GSS-Cogs / metadata-indexer

The metadata indexer will provide services to catalogue statistical publications from across government and surface in a centralised database.
Apache License 2.0
0 stars 0 forks source link

beis scraper required #2

Open mikeAdamss opened 3 years ago

mikeAdamss commented 3 years ago

need to be able to scrape datasets from https://naei.beis.gov.uk/

mikeAdamss commented 3 years ago

@CharlesRendle - is this the one we chatted about where you're waiting on BEIS for something, if so can you comment this up with whatever the deal is please? cheers.

CharlesRendle commented 3 years ago

The one dataset to transform from a naei.beis landing page is: https://github.com/GSS-Cogs/family-climate-change/tree/master/datasets/BEIS-GHG-activities

This dataset's landing page has conflicting metadata. E.g. Could take the dataset title as UK emissions data selector - Defra, UK or UK emissions data selector - NAEI, UK This then has implications on publisher and there are 2 conflicting meta tags Publisher and Creator which yield different departments.

Also landing page is missing an issued date but contains a modified date.

BEIS has said that because the dataset began being populated in 1990 the continued updates have fallen under both DEFRA and BEIS since then.

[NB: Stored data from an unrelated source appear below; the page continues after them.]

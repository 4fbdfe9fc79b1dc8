-- ===== src/Bytecode/Correct/Tests.antt =====
-- The program in `main` of bytecode-vm/compiler.c, and the theorems at it.
use systems_programming_proj.Prelude.{◌≡◌, refl, [], ◌∷◌, ◌++◌, true, arith, bytes_eq}
use systems_programming_proj.Prelude.Int.{pos}
use systems_programming_proj.Bytecode.OpCode.{code_of}
use systems_programming_proj.Bytecode.Vm
use systems_programming_proj.Bytecode.Vm.{Vm, int_result}
use systems_programming_proj.Bytecode.Machine
use systems_programming_proj.Bytecode.Ast.{
  Name, sub, gt, num, ident, binary, assign, print, while_loop, Block, done, next,
}
use systems_programming_proj.Bytecode.Scope.{
  member, scoped_expr, scope_stmt, small_expr, scope_block, scoped_block, small_block,
}
use systems_programming_proj.Bytecode.Semantics.{store, exec_block}
use systems_programming_proj.Bytecode.Codegen.{
  emit, find, op_code, load_slot, store_slot, walk_expr, patch, walk, generate_byte, walk_block,
  initial,
}
use systems_programming_proj.Bytecode.Codegen.Layout.{size_expr, size_block, code_block}
use systems_programming_proj.Bytecode.Codegen.Keeps.{walk_block-Grown, initial-IsTable}
use systems_programming_proj.Bytecode.Codegen.Extension.{Grown}
use systems_programming_proj.Bytecode.Codegen.Backpatch.{slot, final_names, generate_byte-code}
use systems_programming_proj.Bytecode.Refine.Step.{values}
use systems_programming_proj.Bytecode.Refine.Run.{SameOutcome, vm_run-refines}
use systems_programming_proj.Bytecode.Correct.Program.{
  run_program, Delivers, all_zero, generate_byte-Delivers,
}
use systems_programming_proj.Bytecode.Correct.Literals.{print_literal, print_literal_value}

abbrev x : Name
x = b'x' ∷ []

-- x = 3 ; while x > 0 { print x  x = x - 1 }
abbrev countdown : Block
countdown = next (assign x (num 3)) (
    next
      (while_loop (binary gt (ident x) (num 0))
        (next (print (ident x)) (next (assign x (binary sub (ident x) (num 1))) done)))
      done)

countdown_bytes :
    generate_byte countdown
    ≡ 1 ∷ 3 ∷ 14 ∷ 0 ∷ 13 ∷ 0 ∷ 1 ∷ 0 ∷ 10 ∷ 12 ∷ 23 ∷ 13 ∷ 0 ∷ 7 ∷ 13 ∷ 0 ∷ 1 ∷ 1 ∷ 4 ∷ 14 ∷ 0 ∷ 11
      ∷ 4 ∷ 0xff ∷ []
unfolding generate_byte walk walk_expr emit patch find load_slot store_slot code_of op_code bytes_eq
countdown_bytes = refl

-- Memory before `vm_init`.
abbrev blank : Vm
blank = record {
  code = [];
  ip = 0;
  stack = [];
  sp = 0;
  globals = [];
  cstack = [];
  csp = 0;
  running = true;
  out = [];
}

countdown_scoped : scoped_block countdown [] ≡ true
unfolding scoped_block scoped_expr member bytes_eq scope_stmt
countdown_scoped = refl

countdown_small : small_block countdown ≡ true
unfolding small_block small_expr
countdown_small = refl

generate_byte-Delivers_example :
    Delivers
      (generate_byte countdown)
      (final_names countdown)
      blank
      (exec_block 20 countdown (store all_zero []))
unfolding size_block size_expr
generate_byte-Delivers_example =
    generate_byte-Delivers 20 countdown blank refl countdown_scoped countdown_small (omega arith)

generate_byte-code_example :
    generate_byte countdown ≡ code_block (slot (final_names countdown)) 0 countdown ++ 0xff ∷ []
unfolding size_block size_expr
generate_byte-code_example = generate_byte-code countdown countdown_scoped (omega arith)

vm_run-refines_example :
    SameOutcome
      (generate_byte countdown)
      (run_program 50 (generate_byte countdown) blank)
      (Machine.run 50 (generate_byte countdown) Machine.start)
vm_run-refines_example = vm_run-refines 50 (generate_byte countdown) blank refl

walk_block-Grown_example : Grown (scope_block countdown []) initial (walk_block countdown initial)
unfolding generate_byte walk walk_expr emit patch find load_slot store_slot code_of op_code bytes_eq
    member
walk_block-Grown_example =
    walk_block-Grown countdown [] initial initial-IsTable (λ y h. cc)
      (unfold scoped_block scoped_expr member bytes_eq scope_stmt in countdown_scoped) (omega arith)

print_literal_value_example :
    (vm' : Vm) × (run_program 3 (generate_byte (print_literal 300)) blank ≡ Vm.halted vm')
    × (values vm'.out ≡ pos 44 ∷ [])
print_literal_value_example = print_literal_value 300 blank refl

Finally, we are also aware that the data contained in this dataset has already been represented by a separate previously transformed dataset in the EDV family. But have been informed by BEIS that the NAEI dataset (for which this scraper will be needed) is due for an update towards the end of July 2021 at which point we shall reassess the value added by the update.

Our position until this update is to have the scraper/transform on-hold. I have written the scraper to retrieve all the metadata I could with permutations for which publisher we decide to use but it lacks validation for the moment.